ABOUT THIS EXERCISE:
For each line of the data below that contains "those", return that line.

· · · ·

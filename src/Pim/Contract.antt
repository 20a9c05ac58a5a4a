-- ===== src/Pim/Contract.antt =====
-- The frame allocator meets the contract of a placement policy.
use chip_hackathon_f.Prelude.{
  ℕ, suc, ◌+◌, ◌-◌, ◌*◌, ◌/◌, ◌%◌, ◌<◌, ◌≡◌, refl, ap, ◌∙◌, inl, inr, none, some, Option, List, [],
  ◌∷◌, arith, length, length-set, get_elem?, get_elem?-lt, lt_of_get_elem?, Option-cases, set,
  subst, sym, ◌++◌, take,
}
use chip_hackathon_f.Dict.{get, erase, weight-put, weight-erase, Dict, put}
use chip_hackathon_f.Exec.{Returns, returns, Returns-continue, Returns-mono}
use chip_hackathon_f.Alloc.{SeqId, seq_id_eq}
use chip_hackathon_f.Alloc.Invariant.{View, Taken, Given, Lawful}
use chip_hackathon_f.Pim.{
  PimState, most_free, pick_empty, pick_affine, pick_frame, by_plan, in_affine, claim, take_slot,
  push_slot, heap_push, alloc_one, free_one, num_free, policy,
}
use chip_hackathon_f.Pim.Frames.{
  room, strays, free_blocks, count-set_frame, room-set, count-heap_push, length-heap_push,
  strays-heap_push,
}
use chip_hackathon_f.Pim.Valid.{
  IsValid, HasSlot, plan_strays, frame_stray, skip_full-found, first_empty-found, most_free-some,
  AllFull, AllOpened, AllLe, AllLt,
}

-- A frame was picked: it has a slot, and no free block moved.
pub record Picked (size c : ℕ) (p : PimState) (f : ℕ) (q : PimState) : Type 0 where
  pub valid : IsValid size c q
  pub slot : HasSlot q f
  pub same_frames : q.frame_free ≡ p.frame_free
  pub same_size : q.frame_size ≡ p.frame_size
  pub same_free : q.nfree ≡ p.nfree

-- How a frame is picked without a plan, from the free slots of the frames, the affinities and the heap:
-- the frame of k's affinity while it has a slot; then the first frame of the heap that is empty, which
-- the heap loses with those before it; then, when no frame of the heap is empty any more, the frame
-- with the most free slots, the lowest of those.
pub data Unplanned (k : SeqId) (g : ℕ) (frames : List (List ℕ)) (affinity : Dict SeqId ℕ)
    (heap : List ℕ) (f : ℕ) (q : PimState) : Type 0 where
  affine :
      get k affinity ≡ some f
      → q.affinity ≡ affinity
      → q.empty_frames ≡ heap
      → Unplanned k g frames affinity heap f q
  opened :
      (passed rest free : List ℕ)
      → ((a : ℕ) → get k affinity ≡ some a → get_elem? frames a ≡ some [])
      → heap ≡ passed ++ f ∷ rest
      → AllOpened g frames passed
      → get_elem? frames f ≡ some free
      → length free ≡ g
      → q.affinity ≡ put k f affinity
      → q.empty_frames ≡ rest
      → Unplanned k g frames affinity heap f q
  fallback :
      (free : List ℕ)
      → ((a : ℕ) → get k affinity ≡ some a → get_elem? frames a ≡ some [])
      → AllOpened g frames heap
      → get_elem? frames f ≡ some free
      → AllLe (length free) frames
      → AllLt (length free) (take f frames)
      → q.affinity ≡ put k f affinity
      → q.empty_frames ≡ []
      → Unplanned k g frames affinity heap f q

-- By the plan, whose full frames are dropped, where a frame of it has a slot.
pub data Choice (k : SeqId) (p : PimState) (f : ℕ) (q : PimState) : Type 0 where
  by_its_plan :
      (full rest : List ℕ)
      → get k p.plans ≡ some (full ++ f ∷ rest)
      → AllFull p.frame_free full
      → q ≡ record p { plans = put k (f ∷ rest) p.plans }
      → Choice k p f q
  without_plan :
      ((fs : List ℕ) → get k p.plans ≡ some fs → AllFull p.frame_free fs)
      → Unplanned k p.frame_size p.frame_free p.affinity p.empty_frames f q
      → Choice k p f q

has_slot :
    (p : PimState) (f : ℕ) (free : List ℕ)
    → get_elem? p.frame_free f ≡ some free
    → 0 < length free
    → HasSlot p f
has_slot p f [] e h = absurd (omega arith)
has_slot p f (off ∷ offs) e h = record { off = off; offs = offs; found = e }

module _ (size c : ℕ) where
  abbrev Found : SeqId → PimState → ℕ → PimState → Type 0
  Found k p f q =
      Picked size c p f q × Unplanned k p.frame_size p.frame_free p.affinity p.empty_frames f q

  -- A claim of a frame that has a slot, over what is left of the heap.
  claim-Picked :
      (k : SeqId) (f : ℕ) (heap : List ℕ) (p : PimState)
      → IsValid size c p
      → strays p.n_frames heap ≡ 0
      → f < p.n_frames
      → HasSlot p f
      → Returns
          (λ j q.
            Picked size c p j q
            × ((j ≡ f) × (q.affinity ≡ put k f p.affinity) × (q.empty_frames ≡ heap)))
          (claim k f (record p { empty_frames = heap }))
  claim-Picked k f heap p v h lt slot = returns (
    (record {
      valid = record {
        some_slots = v.some_slots;
        setting = v.setting;
        frames = v.frames;
        covers = v.covers;
        totals = v.totals;
        planned = v.planned;
        affine = ground (arith, v.affine, weight-put (frame_stray p.n_frames) k f p.affinity);
        heap = h;
      };
      slot = record { off = slot.off; offs = slot.offs; found = slot.found };
      same_frames = refl;
      same_size = refl;
      same_free = refl;
    }),
    (refl, refl, refl),
  )

  pick_empty-Picked :
      (k : SeqId) (p : PimState)
      → IsValid size c p
      → 0 < p.nfree
      → ((a : ℕ) → get k p.affinity ≡ some a → get_elem? p.frame_free a ≡ some [])
      → Returns (λ f q. Found k p f q) (pick_empty k p)
  unfolding pick_empty
  pick_empty-Picked k p v h none_left =
      elim (first_empty-found p.n_frames p.frame_size p.frame_free p.empty_frames v.some_slots
        v.frames v.heap) [
          | inl (e, used) ↦
              let m = most_free-some p.frame_free (omega (arith, v.totals)) in
              let found : most_free 0 p.frame_free none 0 ≡ some m.frame =
                m.found ∙ ap some (omega arith) in
              rw (e, found)
                (Returns-mono
                  (claim-Picked k m.frame [] p v refl
                    (omega (arith, v.frames, lt_of_get_elem? p.frame_free m.frame m.at))
                    (has_slot p m.frame m.free m.at m.beats))
                  λ j q (x, (same, a, b)). (
                    x,
                    subst (λ i. Unplanned k p.frame_size p.frame_free p.affinity p.empty_frames i q)
                        (sym same) (fallback m.free none_left used m.at m.most m.lowest a b),
                  ))
          | inr r ↦ rw r.left (
              Returns-mono
                (claim-Picked k r.frame r.heap p v (ground (arith, r.inside))
                  (omega (arith, v.frames, lt_of_get_elem? p.frame_free r.frame r.at))
                  (has_slot p r.frame r.free r.at (omega (arith, v.some_slots, r.whole))))
                λ j q (x, (same, a, b)). (
                  x,
                  subst (λ i. Unplanned k p.frame_size p.frame_free p.affinity p.empty_frames i q)
                      (sym same)
                      (opened r.passed r.heap r.free none_left r.split r.all_opened r.at r.whole a
                        b),
                ))
        ]

  in_affine-Picked :
      (k : SeqId) (f : ℕ) (free : List ℕ) (p : PimState)
      → IsValid size c p
      → 0 < p.nfree
      → get k p.affinity ≡ some f
      → get_elem? p.frame_free f ≡ some free
      → Returns (λ f q. Found k p f q) (in_affine k f (some free) p)
  in_affine-Picked k f [] p v h own e = pick_empty-Picked k p v h (λ a same.
      subst (λ i. get_elem? p.frame_free i ≡ some []) {x = f} (ground (arith, own, same)) e)
  in_affine-Picked k f (off ∷ offs) p v h own e = returns (
    (record {
      valid = v;
      slot = record { off = off; offs = offs; found = e };
      same_frames = refl;
      same_size = refl;
      same_free = refl;
    }),
    affine own refl refl,
  )

  pick_affine-Picked :
      (k : SeqId) (p : PimState)
      → IsValid size c p
      → 0 < p.nfree
      → Returns (λ f q. Found k p f q) (pick_affine k p)
  unfolding pick_affine
  pick_affine-Picked k p v h = elim (Option-cases (get k p.affinity)) [
    | inl e ↦ rw e (pick_empty-Picked k p v h (λ a same. absurd (ground (arith, e, same))))
    | inr (f, e) ↦
        let (free, at) = get_elem?-lt p.frame_free f (
          ground
            (arith, v.affine, v.frames, weight-erase (frame_stray p.n_frames) k p.affinity, e)) in
        rw (e, at) (in_affine-Picked k f free p v h e at)
  ]

  -- In a well-formed state with a free slot, `_pick_frame` returns a frame that has a free slot. It is
  -- the first frame of the plan with one, the full ones before it being dropped from the plan; where the
  -- plan has none, the frame of the sequence's affinity while that has a slot; otherwise the first frame
  -- of the heap that is empty, or, if there is none, the frame with the most free slots, the lowest
  -- of those, and either becomes the affinity. No slot is moved, and the state stays well formed.
  pub pick_frame-Picked :
      (k : SeqId) (p : PimState)
      → IsValid size c p
      → 0 < p.nfree
      → Returns (λ f q. Picked size c p f q × Choice k p f q) (pick_frame k p)
  unfolding pick_frame
  pick_frame-Picked k p v h = go (get k p.plans) refl
    where
      planned : (fs : List ℕ) → get k p.plans ≡ some fs → strays p.n_frames fs ≡ 0
      planned fs e = ground (arith, v.planned, weight-erase (plan_strays p.n_frames) k p.plans, e)

      go :
          (o : Option (List ℕ))
          → get k p.plans ≡ o
          → Returns (λ f q. Picked size c p f q × Choice k p f q) (by_plan k o p)
      go none e =
          Returns-mono (pick_affine-Picked k p v h)
            λ f q (x, y). (x, without_plan (λ fs same. absurd (ground (arith, e, same))) y)
      go (some []) e = Returns-mono (pick_affine-Picked k p v h) λ f q (x, y). (
        x,
        without_plan (λ fs same. subst (AllFull p.frame_free) {x = []} (ground (arith, e, same)) tt)
            y,
      )
      go (some (f ∷ fs)) e =
          elim (skip_full-found p.n_frames p.frame_free (f ∷ fs) v.frames (planned (f ∷ fs) e)) [
            | inl (s, all) ↦ rw s (
                Returns-mono
                  (pick_affine-Picked k (record p { plans = erase k p.plans })
                    (record {
                      some_slots = v.some_slots;
                      setting = v.setting;
                      frames = v.frames;
                      covers = v.covers;
                      totals = v.totals;
                      planned =
                          omega (arith, v.planned, weight-erase (plan_strays p.n_frames) k p.plans);
                      affine = v.affine;
                      heap = v.heap;
                    })
                    h)
                  λ j q (x, y). (
                    (record {
                      valid = x.valid;
                      slot = x.slot;
                      same_frames = x.same_frames;
                      same_size = x.same_size;
                      same_free = x.same_free;
                    }),
                    without_plan
                        (λ gs same.
                          subst (AllFull p.frame_free) {x = f ∷ fs} (ground (arith, e, same)) all)
                        y,
                  ))
            | inr s ↦ rw s.left (
                returns (
                  (record {
                    valid = record {
                      some_slots = v.some_slots;
                      setting = v.setting;
                      frames = v.frames;
                      covers = v.covers;
                      totals = v.totals;
                      planned = omega (
                        arith,
                        v.planned,
                        s.inside,
                        weight-put (plan_strays p.n_frames) k (s.frame ∷ s.rest) p.plans,
                      );
                      affine = v.affine;
                      heap = v.heap;
                    };
                    slot = record { off = s.off; offs = s.offs; found = s.found };
                    same_frames = refl;
                    same_size = refl;
                    same_free = refl;
                  }),
                  by_its_plan s.full s.rest (e ∙ ap some s.split) s.all_full refl,
                ))
          ]

abbrev pub view : ℕ → ℕ → View PimState
view size c = record {
  IsValid = IsValid size c;
  free = λ p. free_blocks p.frame_size 0 p.frame_free;
}

module _ (size c : ℕ) where
  take_slot-Taken :
      (p q : PimState) (f : ℕ)
      → Picked size c p f q
      → Returns (λ b r. Taken policy (view size c) p b r) (take_slot f q)
  unfolding num_free
  take_slot-Taken p q f x = rw x.slot.found (
      returns (record {
        valid = record {
          some_slots = x.valid.some_slots;
          setting = x.valid.setting;
          frames = omega (arith, x.valid.frames, length-set q.frame_free f x.slot.offs);
          covers = x.valid.covers;
          totals = omega (arith, x.valid.totals, roomier);
          planned = x.valid.planned;
          affine = x.valid.affine;
          heap = x.valid.heap;
        };
        counts = λ y.
            rw (← x.same_frames, ← x.same_size)
              (omega (
                arith,
                count-set_frame q.frame_size y 0 f f (x.slot.off ∷ x.slot.offs) x.slot.offs
                    q.frame_free (omega arith) x.slot.found,
              ));
        fewer = fewer;
      }))
    where
      roomier :
          room (set q.frame_free f x.slot.offs) + suc (length x.slot.offs)
          ≡ room q.frame_free + length x.slot.offs
      roomier = room-set f (x.slot.off ∷ x.slot.offs) x.slot.offs q.frame_free x.slot.found

      fewer : q.nfree - 1 + 1 ≡ p.nfree
      fewer = omega (arith, x.same_free, x.valid.totals, roomier)

  pub alloc_one-Taken :
      (k : SeqId) (p : PimState)
      → IsValid size c p
      → 0 < num_free p
      → Returns (λ b q. Taken policy (view size c) p b q) (alloc_one k p)
  unfolding alloc_one num_free
  alloc_one-Taken k p v h =
      Returns-continue _ (pick_frame-Picked size c k p v h) (λ f q (x, _). take_slot-Taken p q f x)

  push_slot-Given :
      (b f off : ℕ) (offs : List ℕ) (p : PimState)
      → IsValid size c p
      → get_elem? p.frame_free f ≡ some offs
      → f * p.frame_size + off ≡ b
      → Returns (λ _ q. Given policy (view size c) p b q) (push_slot f off (some offs) p)
  unfolding num_free
  push_slot-Given b f off offs p v e is_b = returns (record {
    valid = record {
      some_slots = v.some_slots;
      setting = v.setting;
      frames = omega (arith, v.frames, length-set p.frame_free f (heap_push off offs));
      covers = v.covers;
      totals = omega (
        arith,
        v.totals,
        room-set f offs (heap_push off offs) p.frame_free e,
        length-heap_push off offs,
      );
      planned = v.planned;
      affine = v.affine;
      heap = ground (
        arith,
        v.heap,
        v.frames,
        strays-heap_push p.n_frames f p.empty_frames,
        lt_of_get_elem? p.frame_free f e,
      );
    };
    counts = λ y. rw (← is_b) (
        omega (
          arith,
          count-set_frame p.frame_size y 0 f f offs (heap_push off offs) p.frame_free (omega arith)
              e,
          count-heap_push p.frame_size f y off offs,
        ));
    more = refl;
  })

  pub free_one-Given :
      (b : ℕ) (p : PimState)
      → IsValid size c p
      → b < size
      → Returns (λ _ q. Given policy (view size c) p b q) (free_one b p)
  unfolding free_one
  free_one-Given b p v h =
      let frame_lt : b / p.frame_size < p.n_frames = grind (arith, v.covers, v.some_slots) in
      let (offs, e) = get_elem?-lt p.frame_free (b / p.frame_size) (omega (arith, v.frames)) in
      rw e (push_slot-Given b (b / p.frame_size) (b % p.frame_size) offs p v e (omega arith))

-- The frame allocator meets the contract of a placement policy.
unfoldable pub Lawful-pim : (size c : ℕ) → Lawful policy size
Lawful-pim size c = record {
  view = view size c;
  takes = alloc_one-Taken size c;
  gives = λ b p v h _. free_one-Given size c b p v h;
}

· · · ·

RESPONSE TO THIS EXERCISE:
-- the heap loses with those before it; then, when no frame of the heap is empty any more, the frame
-- with the most free slots, the lowest of those.
  -- of those, and either becomes the affinity. No slot is moved, and the state stays well formed.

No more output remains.